U.S. Navy SEALs exit a C-130 Hercules aircraft during a training exercise near Fort Pickett, Va. (Petty Officer 2nd Class Anthony Harding/U.S. Navy photo)

As you start to enter your mid-30s to early 40s, a lifetime of aches, pain, injuries and hard training begin to take their toll. Smart training can help you alleviate much of the pain and soreness of previous injuries. Learning to recover is critical to handling long hours training or on the job while doing highly physical activities. Here is a question from an older military athlete seeking to get back into a special-ops training pipeline.

Stew, I’m 33 years old, just left the active duty. I was med rolled due to rhabdomyolysis in a spec-ops pipeline. I’d like to reenter the pipeline on the reserve side if possible, but at my age, I can’t train like I used to in my 20s.
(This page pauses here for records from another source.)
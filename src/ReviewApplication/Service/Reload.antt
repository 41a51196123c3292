-- ===== src/ReviewApplication/Service/Reload.antt =====
-- What a queue loads after a resolution was written to it.
use ai_data_quality_platform.Base.{
  ℕ, ◌+◌, String, true, not, Option, some, [], ◌∷◌, ◌++◌, ◌==◌, ltb, map, ok, raise_if,
  returned-bind, ok-injective, ◌≡◌, refl, sym, ap, ◌∙◌, subst, arith,
}
use ai_data_quality_platform.Base.Assoc.{lookup, insert, keys}
use ai_data_quality_platform.Base.AllOf.{AllOf, AllOf-weaken}
use ai_data_quality_platform.HumanReview.Models.{
  ReviewStatus, HumanReviewDecision, status_eq, ReviewAuditEntry, ReviewCase, ReviewWorkflowState,
  find_case,
}
use ai_data_quality_platform.HumanReview.Workflow.{resolution_of, resolved_case, audit_entry_of}
use ai_data_quality_platform.HumanReview.Workflow.Invariant.{AreDistinct}
use ai_data_quality_platform.ReviewApplication.Errors.{persisted_case_integrity}
use ai_data_quality_platform.ReviewApplication.Models.{
  PersistedCase, ReviewEvent, require_text, persisted_case, with_case,
}
use ai_data_quality_platform.ReviewApplication.Models.Recorded.{event_of, review_event-same}
use ai_data_quality_platform.ReviewApplication.Bundle.{
  WorkflowBundle, case_ids, cases_in, assert_unique_cases,
}
use ai_data_quality_platform.ReviewApplication.Bundle.Distinct.{
  assert_unique_cases-AreDistinct, pairs_of, keys-pairs_of, lookup-pairs_of, cases_by_id-pairs_of,
}
use ai_data_quality_platform.ReviewApplication.History.{
  ReconstructedHistory, cases_by_id, reconstruct_history,
}
use ai_data_quality_platform.ReviewApplication.History.Extension.{
  IsResolution, reconstruct_history-extended,
}
use ai_data_quality_platform.ReviewPersistence.Rows.{
  StorageTools, EventRow, resolution_from_payload, row_of_event, event_to_row, row_to_review_event,
  database_schema_version,
}
use ai_data_quality_platform.ReviewPersistence.Rows.Reading.{Succeeds, updated_case, updated_row}
use ai_data_quality_platform.ReviewPersistence.Tables.{
  ContextRow, ReviewStore, cas_applies, cas_update,
}
use ai_data_quality_platform.ReviewPersistence.Repository.{fetchone}
use ai_data_quality_platform.ReviewPersistence.Repository.Loading.{
  update_cases, assert_unique_cases-update_cases, assert_record_coverage-update_cases,
}
use ai_data_quality_platform.ReviewPersistence.Repository.Selecting.{
  select_cases-changed, select_events-appended,
}
use ai_data_quality_platform.ReviewPersistence.Repository.Validity.{StoreIsValid}
use ai_data_quality_platform.ReviewPersistence.Repository.Calls.{bundle_of, Loaded}
use ai_data_quality_platform.ReviewPersistence.Repository.Holding.{pairs_of-update_cases}

-- A case that advanced has a time, and is the case that it advanced to.
pub with_case-advanced :
    (strip : String → String) (p : PersistedCase) (c : ReviewCase) (now : String)
    (q : PersistedCase)
    → with_case strip p c now ≡ ok q
    → (require_text strip persisted_case_integrity now ≡ ok tt) × (q ≡ updated_case c now p)
unfolding with_case persisted_case
with_case-advanced strip p c now q h =
    let (u, h1, e1) =
      returned-bind
        (raise_if (not (c.review_case_id == p.case.review_case_id)) persisted_case_integrity) _ h in
    let (v, h2, e2) =
      returned-bind (raise_if (ltb (p.version + 1) 1) persisted_case_integrity) _ h1 in
    let (w, h3, e3) =
      returned-bind (require_text strip persisted_case_integrity p.created_at_utc) _ h2 in
    let (x, h4, e4) = returned-bind (require_text strip persisted_case_integrity now) _ h3 in
    let (y, h5, e5) =
      returned-bind (require_text strip persisted_case_integrity c.review_case_id) _ h4 in
    (e4, sym (ok-injective h5))

pub resolved_case-Succeeds :
    (s : ReviewWorkflowState) (c : ReviewCase) (d : HumanReviewDecision) (reviewer : Option String)
    → Succeeds c (resolved_case s c d reviewer)
unfolding resolved_case resolution_of resolution_from_payload
resolved_case-Succeeds s c d reviewer = record {
  same_id = refl;
  same_pair = refl;
  same_ids = refl;
  same_score = refl;
  own_resolution = refl;
}

pub event_to_row-row :
    (entry : ReviewAuditEntry) (d : HumanReviewDecision) (now queue : String) (id : ℕ)
    (row : EventRow)
    → event_to_row (event_of entry d now) queue id ≡ ok row
    → row_of_event (event_of entry d now) queue id ≡ row
unfolding event_to_row
event_to_row-row entry d now queue id row h = ok-injective h

-- The row of an event is read as the event with its id and schema version.
pub row_of_event-read :
    (tools : StorageTools) (entry : ReviewAuditEntry) (d : HumanReviewDecision) (now queue : String)
    (id : ℕ) (event : ReviewEvent)
    → row_to_review_event tools (row_of_event (event_of entry d now) queue id) ≡ ok event
    → record (event_of entry d now) {
      schema_version = some database_schema_version;
      event_id = some id;
    }
      ≡ event
unfolding row_to_review_event row_of_event
row_of_event-read tools entry d now queue id event h = review_event-same tools.strip _ event h

module _ (tools : StorageTools) (queue case_id : String) (version : ℕ) (now : String)
    (store store' : ReviewStore) (bundle : WorkflowBundle) (s : ReviewWorkflowState)
    (was : ReviewCase) (d : HumanReviewDecision) (reviewer : Option String) (p : PersistedCase)
    (l : Loaded tools queue store bundle) (v : StoreIsValid tools store)
    (found : find_case case_id (cases_in l.persisted) ≡ some was)
    (named : was.review_case_id ≡ case_id)
    (pending : status_eq was.status ReviewStatus.pending ≡ true)
    (next : s.next_resolution_sequence ≡ l.history.next_resolution_sequence)
    (timely : require_text tools.strip persisted_case_integrity now ≡ ok tt)
    (fits : AllOf
      (λ (q : PersistedCase).
        q.case.review_case_id ≡ case_id → (q.case ≡ was) × (q.version ≡ version))
      l.persisted) where
  abbrev after : ReviewCase
  after = resolved_case s was d reviewer

  abbrev entry : ReviewAuditEntry
  entry = audit_entry_of s was d reviewer

  succeeds : Succeeds was after
  succeeds = resolved_case-Succeeds s was d reviewer

  distinct : AreDistinct (case_ids l.persisted)
  distinct = assert_unique_cases-AreDistinct l.persisted l.unique

  indexes : cases_by_id l.persisted ≡ pairs_of l.persisted
  indexes = cases_by_id-pairs_of l.persisted distinct

  holds : AllOf (λ (q : PersistedCase). q.case.review_case_id ≡ case_id → q.case ≡ was) l.persisted
  holds = AllOf-weaken _ _ l.persisted (λ q fit e. (fit e).0) fits

  unique_after : assert_unique_cases [] (update_cases case_id after now l.persisted) ≡ ok tt
  unique_after =
      assert_unique_cases-update_cases case_id was after now succeeds [] l.persisted holds
      ∙ l.unique

  changed :
      cases_by_id (update_cases case_id after now l.persisted)
      ≡ insert case_id after (cases_by_id l.persisted)
  changed =
      cases_by_id-pairs_of (update_cases case_id after now l.persisted)
        (assert_unique_cases-AreDistinct (update_cases case_id after now l.persisted) unique_after)
      ∙ pairs_of-update_cases case_id was after now succeeds l.persisted distinct found
      ∙ ap (insert case_id after) (sym indexes)

  abbrev pub history_after : ReconstructedHistory
  history_after = record {
    audit_entries = l.history.audit_entries ++ entry ∷ [];
    next_resolution_sequence = l.history.next_resolution_sequence + 1;
  }

  history-extended :
      (event : ReviewEvent)
      → IsResolution case_id event after entry
      → reconstruct_history (update_cases case_id after now l.persisted) (l.events ++ event ∷ [])
        ≡ ok history_after
  unfolding audit_entry_of
  history-extended event resolution =
      reconstruct_history-extended case_id was after event entry l.persisted
        (update_cases case_id after now l.persisted) l.events l.history
        (subst AreDistinct (sym (ap keys indexes ∙ keys-pairs_of l.persisted)) distinct)
        (ap (lookup case_id) indexes ∙ lookup-pairs_of case_id l.persisted ∙ found) pending changed
        resolution l.has_history next

  -- The bundle after a resolution: the case and the history have advanced, and nothing else.
  pub Loaded-resolved :
      (row : EventRow) (event : ReviewEvent)
      → store'.workflow_contexts ≡ store.workflow_contexts
      → store'.review_cases
        ≡ cas_update
            (cas_applies queue case_id version)
            (updated_row tools after now)
            store.review_cases
      → store'.review_case_events ≡ store.review_case_events ++ row ∷ []
      → (row.review_queue_id == queue) ≡ true
      → row.event_id ≡ store.next_event_id
      → row_to_review_event tools row ≡ ok event
      → IsResolution case_id event after entry
      → Loaded tools queue store'
          (bundle_of l.context (update_cases case_id after now l.persisted) history_after l.records)
  Loaded-resolved row event contexts cases events here id reads resolution = record {
    context = l.context;
    persisted = update_cases case_id after now l.persisted;
    events = l.events ++ event ∷ [];
    history = history_after;
    records = l.records;
    has_context =
        ap (fetchone (λ (r : ContextRow). r.review_queue_id == queue)) contexts ∙ l.has_context;
    has_cases =
        select_cases-changed tools queue case_id version was after now succeeds timely store store'
          l.persisted v.stored l.has_cases fits cases;
    has_events =
        select_events-appended tools queue store store' row l.events event l.has_events reads here
          id v.fresh events;
    has_history = history-extended event resolution;
    has_records = l.has_records;
    positive = ground arith;
    unique = unique_after;
    covered =
        assert_record_coverage-update_cases case_id was after now succeeds
          (map (λ r. r.record_id) l.records) l.persisted holds
        ∙ l.covered;
    value = refl;
  }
If you were training for a “selection” lifestyle at my age, how would you approach training to avoid injury and maximize progress in our key proficiencies (calisthenics, rucking, running, swimming)? I watched your Tactical Fitness Report regarding older athletes and periodization, but have never developed a fitness program for myself that utilizes this method in any meaningful way. Any help or insight you can provide is greatly appreciated. 

Very respectfully, Steve

Steve, I will say as I got into my 30s that my body was pretty messed up -- mainly an accumulation of high school sports injuries (football), college injuries (rugby), special-ops preparation, then selection (Basic Underwater Demolition/SEAL) and the teams. I had to rebuild myself.

With your previous injury and ailment, you have to be smart. I recommend periodization to rebuild a solid foundation to endure the training. Also see more information on rhabdomyolysis, as there are many elements that can cause that. See related post on Periodization that has helped me, as well as younger athletes for more than 20 years now. 

As with any selection program, you have to get specific to the events, challenges and tests you will endure daily. This will mean acing fitness tests to get you into the training and mastering movements, load bearing and endurance activities (run, swim, ruck) to get through the training.

Getting specific means more about preparing the body for the rigors of the selection program than it does doing long, difficult events like hell week, brutal six-hour log PTs, 20-mile rucks or six-mile ocean swims, for instance. It is good to do some of this type of training, but you will build your abilities and confidence with much shorter events. 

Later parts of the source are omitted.